- _Dataset extract_
#####
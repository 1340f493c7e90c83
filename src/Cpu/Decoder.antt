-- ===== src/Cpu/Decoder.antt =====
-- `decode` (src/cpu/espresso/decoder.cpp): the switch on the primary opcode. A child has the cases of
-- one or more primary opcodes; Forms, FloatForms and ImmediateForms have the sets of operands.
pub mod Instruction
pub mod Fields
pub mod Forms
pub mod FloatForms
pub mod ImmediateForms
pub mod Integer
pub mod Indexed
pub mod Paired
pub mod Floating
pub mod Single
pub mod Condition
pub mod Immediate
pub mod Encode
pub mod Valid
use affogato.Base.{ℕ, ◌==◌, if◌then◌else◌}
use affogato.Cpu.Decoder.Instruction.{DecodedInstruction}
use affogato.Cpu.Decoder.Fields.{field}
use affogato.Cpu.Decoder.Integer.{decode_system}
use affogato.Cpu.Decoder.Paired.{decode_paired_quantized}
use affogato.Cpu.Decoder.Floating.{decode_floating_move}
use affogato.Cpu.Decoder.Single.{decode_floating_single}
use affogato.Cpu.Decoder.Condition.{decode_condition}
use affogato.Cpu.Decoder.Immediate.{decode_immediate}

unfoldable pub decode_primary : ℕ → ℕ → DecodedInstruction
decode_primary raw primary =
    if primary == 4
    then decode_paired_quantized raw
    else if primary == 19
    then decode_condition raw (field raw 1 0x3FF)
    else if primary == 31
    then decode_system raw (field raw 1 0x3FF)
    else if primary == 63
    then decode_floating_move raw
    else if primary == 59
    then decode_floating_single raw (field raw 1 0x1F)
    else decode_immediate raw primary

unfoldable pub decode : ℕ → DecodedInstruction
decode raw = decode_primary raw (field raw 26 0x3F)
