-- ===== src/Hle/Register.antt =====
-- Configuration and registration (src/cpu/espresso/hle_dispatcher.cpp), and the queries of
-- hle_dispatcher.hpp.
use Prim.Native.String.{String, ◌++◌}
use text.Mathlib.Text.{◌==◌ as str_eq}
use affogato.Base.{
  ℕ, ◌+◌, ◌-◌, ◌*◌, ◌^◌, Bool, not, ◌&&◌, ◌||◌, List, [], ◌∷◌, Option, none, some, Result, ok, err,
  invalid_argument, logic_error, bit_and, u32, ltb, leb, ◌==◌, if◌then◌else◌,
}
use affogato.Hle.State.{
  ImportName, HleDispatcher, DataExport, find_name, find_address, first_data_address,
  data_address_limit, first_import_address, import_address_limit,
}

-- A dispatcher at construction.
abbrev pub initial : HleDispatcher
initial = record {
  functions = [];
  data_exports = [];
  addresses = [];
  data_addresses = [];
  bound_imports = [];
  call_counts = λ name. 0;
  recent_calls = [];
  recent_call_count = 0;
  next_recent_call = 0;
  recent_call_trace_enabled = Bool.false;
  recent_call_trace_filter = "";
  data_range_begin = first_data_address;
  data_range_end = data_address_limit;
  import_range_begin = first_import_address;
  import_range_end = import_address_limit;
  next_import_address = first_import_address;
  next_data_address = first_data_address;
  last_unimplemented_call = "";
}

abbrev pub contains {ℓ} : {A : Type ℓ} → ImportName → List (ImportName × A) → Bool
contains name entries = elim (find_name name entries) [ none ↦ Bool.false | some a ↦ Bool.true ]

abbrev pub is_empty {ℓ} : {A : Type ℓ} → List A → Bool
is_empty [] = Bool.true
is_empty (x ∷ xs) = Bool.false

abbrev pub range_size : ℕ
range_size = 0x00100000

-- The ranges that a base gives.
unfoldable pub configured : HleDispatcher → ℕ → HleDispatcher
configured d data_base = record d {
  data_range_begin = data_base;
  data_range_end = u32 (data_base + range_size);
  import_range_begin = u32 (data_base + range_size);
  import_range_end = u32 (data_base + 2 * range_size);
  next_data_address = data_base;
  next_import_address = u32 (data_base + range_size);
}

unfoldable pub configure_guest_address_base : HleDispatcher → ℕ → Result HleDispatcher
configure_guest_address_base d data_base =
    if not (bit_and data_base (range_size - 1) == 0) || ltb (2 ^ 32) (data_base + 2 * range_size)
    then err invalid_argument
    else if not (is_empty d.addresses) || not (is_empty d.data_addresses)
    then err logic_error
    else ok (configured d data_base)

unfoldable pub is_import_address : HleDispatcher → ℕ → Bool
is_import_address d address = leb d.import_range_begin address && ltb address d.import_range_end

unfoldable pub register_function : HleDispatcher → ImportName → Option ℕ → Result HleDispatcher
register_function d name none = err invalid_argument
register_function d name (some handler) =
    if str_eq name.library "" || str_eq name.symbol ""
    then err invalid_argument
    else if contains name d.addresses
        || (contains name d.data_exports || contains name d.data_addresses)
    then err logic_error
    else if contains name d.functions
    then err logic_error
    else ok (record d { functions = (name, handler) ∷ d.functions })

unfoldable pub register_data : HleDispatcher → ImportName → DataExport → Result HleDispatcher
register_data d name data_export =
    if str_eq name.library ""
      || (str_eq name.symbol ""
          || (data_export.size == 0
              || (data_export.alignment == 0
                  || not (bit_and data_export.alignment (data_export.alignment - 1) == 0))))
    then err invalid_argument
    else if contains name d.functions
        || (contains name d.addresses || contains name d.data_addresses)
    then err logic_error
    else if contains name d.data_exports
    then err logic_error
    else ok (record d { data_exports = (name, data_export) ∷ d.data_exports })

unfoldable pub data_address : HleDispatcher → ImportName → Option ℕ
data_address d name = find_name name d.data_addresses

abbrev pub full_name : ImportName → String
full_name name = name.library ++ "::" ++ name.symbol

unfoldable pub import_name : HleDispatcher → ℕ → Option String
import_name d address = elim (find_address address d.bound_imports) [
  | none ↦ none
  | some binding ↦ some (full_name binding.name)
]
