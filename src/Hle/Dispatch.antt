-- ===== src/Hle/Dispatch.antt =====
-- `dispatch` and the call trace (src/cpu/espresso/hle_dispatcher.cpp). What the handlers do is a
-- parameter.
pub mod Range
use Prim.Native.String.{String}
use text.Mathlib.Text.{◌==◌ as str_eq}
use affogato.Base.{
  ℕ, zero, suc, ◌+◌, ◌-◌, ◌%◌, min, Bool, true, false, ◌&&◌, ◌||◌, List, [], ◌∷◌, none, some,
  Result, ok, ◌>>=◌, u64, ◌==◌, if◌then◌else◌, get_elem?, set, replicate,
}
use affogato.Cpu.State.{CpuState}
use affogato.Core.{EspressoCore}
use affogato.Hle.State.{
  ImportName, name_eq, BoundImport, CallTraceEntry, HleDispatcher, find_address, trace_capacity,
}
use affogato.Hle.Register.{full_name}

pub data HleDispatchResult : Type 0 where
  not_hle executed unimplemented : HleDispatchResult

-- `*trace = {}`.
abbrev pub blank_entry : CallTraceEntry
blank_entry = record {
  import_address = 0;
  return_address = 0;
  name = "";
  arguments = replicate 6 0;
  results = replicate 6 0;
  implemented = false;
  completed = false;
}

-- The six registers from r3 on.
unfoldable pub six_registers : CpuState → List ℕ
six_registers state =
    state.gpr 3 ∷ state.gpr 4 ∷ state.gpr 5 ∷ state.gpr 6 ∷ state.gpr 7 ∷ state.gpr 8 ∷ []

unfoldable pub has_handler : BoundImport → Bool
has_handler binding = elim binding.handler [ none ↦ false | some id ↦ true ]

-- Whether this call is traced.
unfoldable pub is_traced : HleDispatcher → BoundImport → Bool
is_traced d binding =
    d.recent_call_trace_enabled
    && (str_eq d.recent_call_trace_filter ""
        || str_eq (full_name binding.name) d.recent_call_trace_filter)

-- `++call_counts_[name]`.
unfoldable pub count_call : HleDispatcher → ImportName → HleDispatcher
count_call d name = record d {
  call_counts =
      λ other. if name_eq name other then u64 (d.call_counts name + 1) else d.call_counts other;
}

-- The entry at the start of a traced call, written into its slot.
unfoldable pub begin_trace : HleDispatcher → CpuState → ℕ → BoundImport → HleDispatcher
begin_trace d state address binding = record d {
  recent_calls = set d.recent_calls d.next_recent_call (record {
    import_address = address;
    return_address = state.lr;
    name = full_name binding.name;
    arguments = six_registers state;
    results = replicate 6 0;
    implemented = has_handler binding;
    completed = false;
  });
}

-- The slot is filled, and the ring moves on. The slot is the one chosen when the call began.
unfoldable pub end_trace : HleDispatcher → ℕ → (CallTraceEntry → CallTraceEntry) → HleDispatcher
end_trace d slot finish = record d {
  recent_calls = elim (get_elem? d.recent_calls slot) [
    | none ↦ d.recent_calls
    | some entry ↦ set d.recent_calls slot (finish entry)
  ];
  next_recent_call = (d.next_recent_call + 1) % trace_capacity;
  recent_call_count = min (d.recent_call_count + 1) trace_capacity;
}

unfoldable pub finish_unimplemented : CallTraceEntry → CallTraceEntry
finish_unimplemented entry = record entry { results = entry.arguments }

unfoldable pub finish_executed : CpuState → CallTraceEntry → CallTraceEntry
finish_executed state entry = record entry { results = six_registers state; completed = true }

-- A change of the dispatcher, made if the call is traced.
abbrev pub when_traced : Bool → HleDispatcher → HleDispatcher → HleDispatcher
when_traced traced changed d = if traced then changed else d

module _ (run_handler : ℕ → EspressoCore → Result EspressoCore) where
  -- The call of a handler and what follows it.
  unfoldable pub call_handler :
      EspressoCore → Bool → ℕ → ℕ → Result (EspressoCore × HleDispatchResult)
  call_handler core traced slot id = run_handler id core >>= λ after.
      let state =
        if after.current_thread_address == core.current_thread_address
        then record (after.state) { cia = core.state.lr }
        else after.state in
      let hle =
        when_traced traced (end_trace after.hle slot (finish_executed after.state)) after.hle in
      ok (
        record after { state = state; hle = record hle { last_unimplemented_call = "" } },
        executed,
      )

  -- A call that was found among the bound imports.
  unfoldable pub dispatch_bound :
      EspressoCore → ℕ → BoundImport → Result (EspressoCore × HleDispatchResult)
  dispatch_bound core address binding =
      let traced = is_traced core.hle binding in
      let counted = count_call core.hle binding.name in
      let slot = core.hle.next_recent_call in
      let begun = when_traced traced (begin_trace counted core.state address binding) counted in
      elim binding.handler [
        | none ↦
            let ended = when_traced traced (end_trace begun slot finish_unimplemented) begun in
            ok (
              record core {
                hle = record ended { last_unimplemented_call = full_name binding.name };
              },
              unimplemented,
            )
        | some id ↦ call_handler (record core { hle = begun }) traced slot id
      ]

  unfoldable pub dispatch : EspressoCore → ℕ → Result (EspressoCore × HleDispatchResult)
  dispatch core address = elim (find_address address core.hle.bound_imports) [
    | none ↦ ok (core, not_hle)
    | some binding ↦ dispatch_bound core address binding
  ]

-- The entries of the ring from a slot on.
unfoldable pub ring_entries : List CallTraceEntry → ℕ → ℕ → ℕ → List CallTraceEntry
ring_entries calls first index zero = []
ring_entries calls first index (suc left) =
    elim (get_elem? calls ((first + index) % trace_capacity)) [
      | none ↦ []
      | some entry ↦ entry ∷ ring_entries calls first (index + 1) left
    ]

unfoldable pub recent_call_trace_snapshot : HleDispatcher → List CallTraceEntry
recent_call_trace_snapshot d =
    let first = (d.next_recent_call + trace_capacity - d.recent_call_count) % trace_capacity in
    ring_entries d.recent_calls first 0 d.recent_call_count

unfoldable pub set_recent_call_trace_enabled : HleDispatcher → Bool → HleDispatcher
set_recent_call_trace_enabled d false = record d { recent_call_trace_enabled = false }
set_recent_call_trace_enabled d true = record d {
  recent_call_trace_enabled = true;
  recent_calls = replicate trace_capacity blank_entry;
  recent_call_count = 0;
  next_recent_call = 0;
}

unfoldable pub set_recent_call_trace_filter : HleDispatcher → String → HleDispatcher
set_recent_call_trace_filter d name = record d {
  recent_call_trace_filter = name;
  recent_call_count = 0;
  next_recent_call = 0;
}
#####
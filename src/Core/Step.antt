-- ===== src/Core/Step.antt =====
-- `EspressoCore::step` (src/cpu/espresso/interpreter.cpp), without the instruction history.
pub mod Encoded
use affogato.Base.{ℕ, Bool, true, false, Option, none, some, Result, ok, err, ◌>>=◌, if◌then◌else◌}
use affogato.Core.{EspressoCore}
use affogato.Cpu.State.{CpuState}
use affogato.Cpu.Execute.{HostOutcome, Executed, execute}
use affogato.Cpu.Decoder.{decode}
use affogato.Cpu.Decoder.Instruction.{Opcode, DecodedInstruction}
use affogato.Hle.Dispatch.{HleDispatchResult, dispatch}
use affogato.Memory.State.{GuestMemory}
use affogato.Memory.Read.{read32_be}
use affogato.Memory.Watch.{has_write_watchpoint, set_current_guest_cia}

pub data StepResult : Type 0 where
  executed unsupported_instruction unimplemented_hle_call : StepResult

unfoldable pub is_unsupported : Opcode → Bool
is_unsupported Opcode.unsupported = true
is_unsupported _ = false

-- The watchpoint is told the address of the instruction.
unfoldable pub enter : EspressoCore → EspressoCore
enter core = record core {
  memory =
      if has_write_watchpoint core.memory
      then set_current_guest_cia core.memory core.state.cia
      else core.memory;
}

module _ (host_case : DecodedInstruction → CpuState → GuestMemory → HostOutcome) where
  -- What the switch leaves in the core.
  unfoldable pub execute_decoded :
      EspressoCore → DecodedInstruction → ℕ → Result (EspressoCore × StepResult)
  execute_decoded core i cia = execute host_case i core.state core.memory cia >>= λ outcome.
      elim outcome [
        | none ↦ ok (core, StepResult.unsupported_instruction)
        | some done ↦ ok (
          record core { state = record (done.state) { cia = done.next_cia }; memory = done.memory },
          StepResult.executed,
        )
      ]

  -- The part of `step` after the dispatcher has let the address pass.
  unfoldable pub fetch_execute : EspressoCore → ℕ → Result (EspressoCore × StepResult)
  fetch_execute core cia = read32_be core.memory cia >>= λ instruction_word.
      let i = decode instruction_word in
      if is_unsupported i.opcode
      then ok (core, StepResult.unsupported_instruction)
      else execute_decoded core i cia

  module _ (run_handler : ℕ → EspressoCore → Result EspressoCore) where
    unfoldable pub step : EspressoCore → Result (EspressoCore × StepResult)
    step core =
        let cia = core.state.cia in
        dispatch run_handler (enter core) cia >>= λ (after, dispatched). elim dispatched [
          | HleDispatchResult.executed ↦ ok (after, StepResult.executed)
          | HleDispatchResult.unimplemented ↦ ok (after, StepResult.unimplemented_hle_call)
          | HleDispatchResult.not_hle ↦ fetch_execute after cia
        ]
#####
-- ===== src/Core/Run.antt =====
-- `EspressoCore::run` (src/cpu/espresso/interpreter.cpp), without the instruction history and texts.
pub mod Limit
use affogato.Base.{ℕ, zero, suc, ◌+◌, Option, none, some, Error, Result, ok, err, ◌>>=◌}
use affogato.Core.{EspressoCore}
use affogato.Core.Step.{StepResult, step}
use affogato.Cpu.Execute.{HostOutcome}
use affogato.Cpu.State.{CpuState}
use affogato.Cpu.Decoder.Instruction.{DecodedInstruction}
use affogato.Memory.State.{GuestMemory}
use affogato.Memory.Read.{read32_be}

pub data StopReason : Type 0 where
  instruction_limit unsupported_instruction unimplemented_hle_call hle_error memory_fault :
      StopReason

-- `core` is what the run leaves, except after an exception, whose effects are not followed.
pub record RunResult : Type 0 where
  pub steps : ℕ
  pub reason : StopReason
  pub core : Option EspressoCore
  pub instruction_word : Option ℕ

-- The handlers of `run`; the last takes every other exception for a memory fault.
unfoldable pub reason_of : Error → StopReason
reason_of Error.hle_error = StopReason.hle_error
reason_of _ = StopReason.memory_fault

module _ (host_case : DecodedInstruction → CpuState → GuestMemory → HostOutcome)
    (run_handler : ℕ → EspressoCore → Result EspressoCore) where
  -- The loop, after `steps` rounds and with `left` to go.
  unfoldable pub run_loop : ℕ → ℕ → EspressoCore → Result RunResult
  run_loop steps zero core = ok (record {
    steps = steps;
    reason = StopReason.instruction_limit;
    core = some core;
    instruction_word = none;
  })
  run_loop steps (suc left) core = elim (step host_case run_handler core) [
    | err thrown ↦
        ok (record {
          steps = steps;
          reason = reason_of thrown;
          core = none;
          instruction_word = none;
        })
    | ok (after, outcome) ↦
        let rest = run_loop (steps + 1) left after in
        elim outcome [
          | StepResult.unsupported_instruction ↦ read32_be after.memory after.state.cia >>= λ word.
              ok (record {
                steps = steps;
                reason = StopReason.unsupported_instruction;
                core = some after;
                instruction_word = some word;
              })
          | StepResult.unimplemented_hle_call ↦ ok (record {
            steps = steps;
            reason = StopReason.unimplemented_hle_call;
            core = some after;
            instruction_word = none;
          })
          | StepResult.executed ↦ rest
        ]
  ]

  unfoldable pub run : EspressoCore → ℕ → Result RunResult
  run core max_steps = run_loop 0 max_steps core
#####
- _What is expected_
Tally the lines in this data that hold the word "GuestMemory" and state only the count.

- _Solution_
4